There is another good piece they did that has the advanced metrics guys saying that Houston and GS should almost double the ammount of threes they attempt each game (also suggested that Milsap should be taking 3-4 threes a game for the Jazz). The Coaches and the metrics people are sort of at war, and Metrics keeps winning ground. I couldn't find it, I'll search on draft night or sometime.
It's because metrics are fundamentally rooted in hard facts while coaches generally regurgitate falsities that they were taught.
Why do you assume these are true? Everything I've read on modern coaching says they are very aware of the metrics.
Coaches are well aware of the statistics that "prove" this or that lineup is better, but they can't worship them as a holy grail. Gregg Popovich was ridiculed by one reporter after losing the series because the statistics showed playing Duncan and Splitter was a defensive nightmare. Spoelstra adjusted by going small, and after that win said we'd see "more of the same".
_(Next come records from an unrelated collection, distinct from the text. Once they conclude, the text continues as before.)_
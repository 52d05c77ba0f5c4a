-- ===== src/Signals/Tests.antt =====
-- Runs of signal delivery, and its theorems at concrete processes.
use model_lib.Common.{ℕ, ◌≡◌, refl, true, false, some, none, [], ◌∷◌, arith}
use model_lib.Signals.{IsrState, Process, deliver, sig_set_handler, sig_handle_pending, sig_return}
use model_lib.Signals.Deliver.{Handles, sig_handle_pending-Handles, return_after_handler}

abbrev regs : ℕ → IsrState
regs ip = record {
  ds = 35;
  edi = 1;
  esi = 2;
  ebp = 3;
  esp = 4;
  ebx = 5;
  edx = 6;
  ecx = 7;
  eax = 8;
  int_no = 128;
  err_code = 0;
  eip = ip;
  cs = 27;
  eflags = 514;
  useresp = 9;
  ss = 35;
}

-- Both signals are pending, and only the second has a handler.
abbrev proc : Process
proc = record {
  pending_signals = true ∷ true ∷ [];
  sig_handlers = 0 ∷ 0x4000 ∷ [];
  sig_return_state = regs 0;
  in_sig = false;
}

second_handler : (sig_handle_pending (some proc) false (regs 0x1000)).1 ≡ regs 0x4000
unfolding sig_handle_pending deliver
second_handler = refl

kernel_left_alone : sig_handle_pending (some proc) true (regs 0x1000) ≡ (some proc, regs 0x1000)
unfolding sig_handle_pending
kernel_left_alone = refl

return_outside : sig_return proc (regs 0x1000) ≡ none
unfolding sig_return
return_outside = refl

no_such_signal : sig_set_handler proc 3 0x5000 ≡ none
unfolding sig_set_handler
no_such_signal = refl

sig_handle_pending-Handles_example :
    Handles proc (regs 0x1000) (sig_handle_pending (some proc) false (regs 0x1000))
sig_handle_pending-Handles_example = sig_handle_pending-Handles proc (regs 0x1000) refl

return_after_handler_example :
    (q : Process) × (t : IsrState) × (r : Process) × (sig_handle_pending
        (some proc)
        false
        (regs 0x1000)
      ≡ (some q, t))
    × (sig_return q (regs 0x4044) ≡ some (r, regs 0x1000))
    × (r.in_sig ≡ false)
return_after_handler_example =
    return_after_handler proc (regs 0x1000) (regs 0x4044) 1 refl (omega arith) refl
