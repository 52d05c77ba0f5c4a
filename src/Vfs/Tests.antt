-- ===== src/Vfs/Tests.antt =====
-- Witnesses and test runs for the walk along a path.
use model_lib.Common.{
  ℕ, ◌≡◌, ◌≢◌, refl, Option, none, some, List, [], ◌∷◌, arith, if◌then◌else◌, ◌==◌, ◌<◌, ◌≤◌,
}
use model_lib.CString.{strlen, streq, strchr, strchr_from, strcmp}
use model_lib.CString.Copy.{text}
use model_lib.Vfs.{
  Ptr, Node, Nodes, Found, get_node, fs_get_abs_path, fs_find_child, fs_is_dir, root_find_child,
  fs_install_root_fs, fs_dir, skip,
}
use model_lib.Vfs.Cut.{names}
use model_lib.Vfs.Walk.{LedTo}
use model_lib.Vfs.Path.{fs_get_abs_path-LedTo}

abbrev only : (c : ℕ) → Ptr → List ℕ → Ptr
only c n [] = 0
only c n (x ∷ []) = if x == c then n else 0
only c n (x ∷ y ∷ ys) = 0

-- The root at 1 with a directory "a" at 2, and in it a file "b" at 3.
abbrev dir : List ℕ → Option (List ℕ → Ptr) → Node
dir name find = record {
  name = name;
  len = 0;
  flags = fs_dir;
  inode = 0;
  link = 0;
  find_child = find;
}

abbrev tree : Nodes
tree n =
    if n == 1
    then dir (0 ∷ []) (some (only b'a' 2))
    else if n == 2
    then dir (b'a' ∷ 0 ∷ []) (some (only b'b' 3))
    else record { name = b'b' ∷ 0 ∷ []; len = 0; flags = 0; inode = 2; link = 0; find_child = none }

abbrev path_a_b : List ℕ
path_a_b = b'/' ∷ b'a' ∷ b'/' ∷ b'b' ∷ 0 ∷ []

abbrev path_a_end : List ℕ
path_a_end = b'a' ∷ b'/' ∷ 0 ∷ []

abbrev path_c : List ℕ
path_c = b'/' ∷ b'b' ∷ b'/' ∷ b'b' ∷ 0 ∷ []

runs :
    (fs_get_abs_path 20 tree 1 path_a_b ≡ some (3, some 2))
    × (fs_get_abs_path 20 tree 1 path_a_end ≡ some (2, some 1))
    × (fs_get_abs_path 20 tree 1 path_c ≡ some (0, none))
unfolding fs_get_abs_path get_node text strlen strchr strchr_from streq strcmp fs_find_child
    fs_is_dir
runs = (refl, refl, refl)

fs_get_abs_path-LedTo_example :
    (r : Found) × (fs_get_abs_path 20 tree 1 path_a_b ≡ some r)
    × (1024 ≤ strlen path_a_b → r ≡ (0, none))
    × (strlen path_a_b < 1024 → text path_a_b ≡ b'/' ∷ [] → r ≡ (1, none))
    × (strlen path_a_b < 1024
        → text path_a_b ≢ b'/' ∷ []
        → LedTo tree 1 (names (text (skip path_a_b))) r)
unfolding strlen
fs_get_abs_path-LedTo_example =
    fs_get_abs_path-LedTo 20 tree 1 path_a_b (ground arith) (ground arith)

abbrev first_root : List Ptr
first_root = fs_install_root_fs (fs_install_root_fs [] 2) 3

installed :
    (root_find_child tree first_root (b'b' ∷ 0 ∷ []) ≡ 3)
    × (root_find_child tree first_root (b'c' ∷ 0 ∷ []) ≡ 0)
unfolding root_find_child fs_install_root_fs streq strcmp
installed = (refl, refl)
Making strong adjustments that might seem counter intuitive based on pure metrics is where good coaching lies.
Let me give you an analogy with Texas Hold 'em. I can be in a pot with a 33% chance of hitting the nut flush, get 5:1 on my money, adjust in my head for the possibilities of a full house or better negating my flush, and make a statistically sound call that's guaranteed to win me money in identical cash game situations in the long run.
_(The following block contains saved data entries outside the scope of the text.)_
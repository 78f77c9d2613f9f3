-- ===== src/Workflow/Progress/Store.antt =====
-- .opencode/plugins/uf-workflow/index.ts: what the progress tools read back from the disk.
use complytime_providers.Prelude.{
  ◌≡◌, refl, sym, ap, ◌∙◌, inl, inr, Text, txt, ==_iff, ==-refl, true, false, Option, some, [], ◌∷◌,
  ◌++◌, Assoc, Option-cases, Bool-cases, Result-cases, Result, ok, err, ◌>>=◌, arith,
}
use mathlib.Core.Path.{subst}
use complytime_providers.Workflow.Names.{sanitize_slug}
use complytime_providers.Workflow.Names.Slugs.{IsSlug}
use complytime_providers.Workflow.Progress.State.{
  ProgressState, PhaseCheckpointInput, record_step, record_phase, fits_phase,
}
use complytime_providers.Workflow.Progress.Disk.{
  FilePath, Entry, missing, link, folder, file, denied, Disk, Node, parent, same_path, set_entry,
  make_folders, read_entry, read_state, write_file, write_into, write_below, write_state,
}
use complytime_providers.Workflow.Progress.Tools.{save_step, upsert_checkpoint_step}
use complytime_providers.Workflow.Progress.Paths.{slug_path, state_path-slug_path}

same_path_refl : (p : FilePath) → same_path p p ≡ true
unfolding same_path
same_path_refl [] = refl
same_path_refl (s ∷ p) = ground (arith, ==-refl s, same_path_refl p)

pub same_path_sound : (p q : FilePath) → same_path p q ≡ true → p ≡ q
unfolding same_path
same_path_sound [] [] h = refl
same_path_sound [] (y ∷ ys) h = cc
same_path_sound (x ∷ xs) [] h = cc
same_path_sound (x ∷ xs) (y ∷ ys) h = ground (arith, ==_iff x y, same_path_sound xs ys)

pub set_entry-same :
    (disk : Disk) (path : FilePath) (entry : Entry) → set_entry disk path entry path ≡ entry
unfolding set_entry
set_entry-same disk path entry = rw (same_path_refl path) refl

pub set_entry-other :
    (disk : Disk) (path other : FilePath) (entry : Entry)
    → same_path path other ≡ false
    → set_entry disk path entry other ≡ disk other
unfolding set_entry
set_entry-other disk path other entry h = rw (h) refl

pub not_err {ℓ} : {A : Type ℓ} {message : Text} {a : A} → ¬ (err message ≡ ok a)
not_err h = cc

-- A call that returned, and the state that is passed on then.
pub saved_state {ℓ} :
    {State : Type ℓ} (outcome : Result (Unit {0})) (disk : Disk) (state saved : State)
    (after : Disk)
    → ◌≡◌ {A = Result State × Disk} (outcome >>= λ _. ok state, disk) (ok saved, after)
    → (saved ≡ state) × ◌≡◌ {A = Result (Unit {0}) × Disk} (outcome, disk) (ok tt, after)
saved_state (err message) disk state saved after h = absurd (not_err (ap (λ q. q.0) h))
saved_state (ok _) disk state saved after h =
    let value : ok state ≡ ok saved = ap (λ q. q.0) h in
    (cc, ap (λ d. (ok tt, d)) (ap (λ q. q.1) h))

module _ {Value : Type 0} (node : Node Value) (cwd : FilePath) where
  -- A write that succeeds leaves the text in the file.
  write_file-ok :
      (disk : Disk) (path : FilePath) (text : Text) (after : Disk)
      → write_file node cwd disk path text ≡ (ok tt, after)
      → after ≡ set_entry disk path (file text)
  unfolding write_file
  write_file-ok disk path text after h = elim (Option-cases (node.write_error disk path)) [
    | inl fine ↦ sym (ap (λ q. q.1) (rw (fine, write_file) at h))
    | inr (failed, e) ↦ absurd (not_err (ap (λ q. q.0) (rw (e, write_file) at h)))
  ]

  write_into-ok :
      (disk : Disk) (path : FilePath) (text : Text) (after : Disk)
      → write_into node cwd disk path text ≡ (ok tt, after)
      → after ≡ set_entry (make_folders disk (parent path)) path (file text)
  unfolding write_into
  write_into-ok disk path text after h =
      elim (Option-cases (node.folder_error disk (parent path))) [
        | inl fine ↦
            write_file-ok (make_folders disk (parent path)) path text after
              (rw (fine, write_into) at h)
        | inr (message, e) ↦ absurd (not_err (ap (λ q. q.0) (rw (e, write_into) at h)))
      ]

  write_below-ok :
      (disk : Disk) (path : FilePath) (text : Text) (entry : Entry) (after : Disk)
      → write_below node cwd disk path text entry ≡ (ok tt, after)
      → after ≡ set_entry (make_folders disk (parent path)) path (file text)
  unfolding write_below
  write_below-ok disk path text link after h = cc
  write_below-ok disk path text (denied message) after h = cc
  write_below-ok disk path text missing after h = write_into-ok disk path text after h
  write_below-ok disk path text folder after h = write_into-ok disk path text after h
  write_below-ok disk path text (file old) after h = write_into-ok disk path text after h

  pub write_state-ok :
      (disk : Disk) (key cmd : Text) (state : ProgressState Value) (after : Disk)
      → IsSlug key
      → IsSlug cmd
      → write_state node cwd disk key cmd state ≡ (ok tt, after)
      → after
        ≡ set_entry
            (make_folders disk (parent (slug_path cwd key cmd)))
            (slug_path cwd key cmd)
            (file (node.stringify_state state ++ txt "\n"))
  unfolding write_state
  write_state-ok disk key cmd state after slug_key slug_cmd h =
      let path = slug_path cwd key cmd in
      write_below-ok disk path (node.stringify_state state ++ txt "\n") (disk (parent path)) after
        (rw (state_path-slug_path cwd key cmd slug_key slug_cmd, write_state) at h)

  pub read_state-entry :
      (disk : Disk) (key cmd : Text)
      → IsSlug key
      → IsSlug cmd
      → read_state node cwd disk key cmd ≡ read_entry node cwd (disk (slug_path cwd key cmd))
  unfolding read_state
  read_state-entry disk key cmd slug_key slug_cmd =
      rw (state_path-slug_path cwd key cmd slug_key slug_cmd) refl

  -- What is written is read again, when its text parses to the same state.
  pub read_state-write_state :
      (disk : Disk) (key cmd : Text) (state : ProgressState Value) (after : Disk)
      → IsSlug key
      → IsSlug cmd
      → node.parse_state (node.stringify_state state ++ txt "\n") ≡ ok state
      → write_state node cwd disk key cmd state ≡ (ok tt, after)
      → read_state node cwd after key cmd ≡ ok (some state)
  unfolding read_entry
  read_state-write_state disk key cmd state after slug_key slug_cmd again h =
      let path = slug_path cwd key cmd in
      let text = node.stringify_state state ++ txt "\n" in
      let saved = write_state-ok disk key cmd state after slug_key slug_cmd h in
      read_state-entry after key cmd slug_key slug_cmd
      ∙ ap (λ d. read_entry node cwd (d path)) saved
      ∙ ap (read_entry node cwd) (set_entry-same (make_folders disk (parent path)) path (file text))
      ∙ ap (λ r. r >>= λ s. ok (some s)) again

  save_step-ok :
      (disk : Disk) (key cmd : Text) (state saved : ProgressState Value) (after : Disk)
      → save_step node cwd disk key cmd state ≡ (ok saved, after)
      → (saved ≡ state) × (write_state node cwd disk key cmd state ≡ (ok tt, after))
  unfolding save_step
  save_step-ok disk key cmd state saved after h =
      saved_state (write_state node cwd disk key cmd state).0
        (write_state node cwd disk key cmd state).1 state saved after h

  pub upsert_checkpoint_step-ok :
      (now : Text) (disk : Disk) (key command step : Text) (fields : Option (Assoc Value))
      (phase : Option PhaseCheckpointInput) (saved : ProgressState Value) (after : Disk)
      → upsert_checkpoint_step node cwd now disk key command step fields phase ≡ (ok saved, after)
      → (cmd : Text) × (prior : Option (ProgressState Value)) × (sanitize_slug command ≡ ok cmd)
        × (read_state node cwd disk key cmd ≡ ok prior)
        × (fits_phase step phase ≡ true)
        × (saved ≡ record_phase now phase (record_step now key command step fields prior))
        × (write_state node cwd disk key cmd saved ≡ (ok tt, after))
  unfolding upsert_checkpoint_step
  upsert_checkpoint_step-ok now disk key command step fields phase saved after h =
      elim (Bool-cases (fits_phase step phase)) [
        | inr unfit ↦ absurd (not_err (ap (λ q. q.0) (rw (unfit, upsert_checkpoint_step) at h)))
        | inl fit ↦ elim (Result-cases (sanitize_slug command)) [
          | inl (message, e) ↦
              absurd (not_err (ap (λ q. q.0) (rw (fit, e, upsert_checkpoint_step) at h)))
          | inr (cmd, e) ↦ elim (Result-cases (read_state node cwd disk key cmd)) [
            | inl (message, r) ↦
                absurd (not_err (ap (λ q. q.0) (rw (fit, e, r, upsert_checkpoint_step) at h)))
            | inr (prior, r) ↦
                let state =
                  record_phase now phase (record_step now key command step fields prior) in
                let (same, written) =
                  save_step-ok disk key cmd state saved after
                    (rw (fit, e, r, upsert_checkpoint_step) at h) in
                (
                  cmd,
                  prior,
                  e,
                  r,
                  fit,
                  same,
                  subst (λ q. write_state node cwd disk key cmd q ≡ (ok tt, after)) (sym same)
                      written,
                )
          ]
        ]
      ]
However, I'm not a casino playing pure win:lose %'s. There are plenty other variables such as the size of the pot to my bankroll, depth into a tournament, etc. that are so situational that a purely statistical call is not guaranteed to win me money over time.
Also, to site 3 point shooting and follow it up with metrics gaining ground after you wrote that Griffin bit yesterday on how he wouldn't sniff a leading 3 point attempts title today is kinda funny.

I think the changing league outpaced the metrics on that one (and had something to do with allowing zone defense again).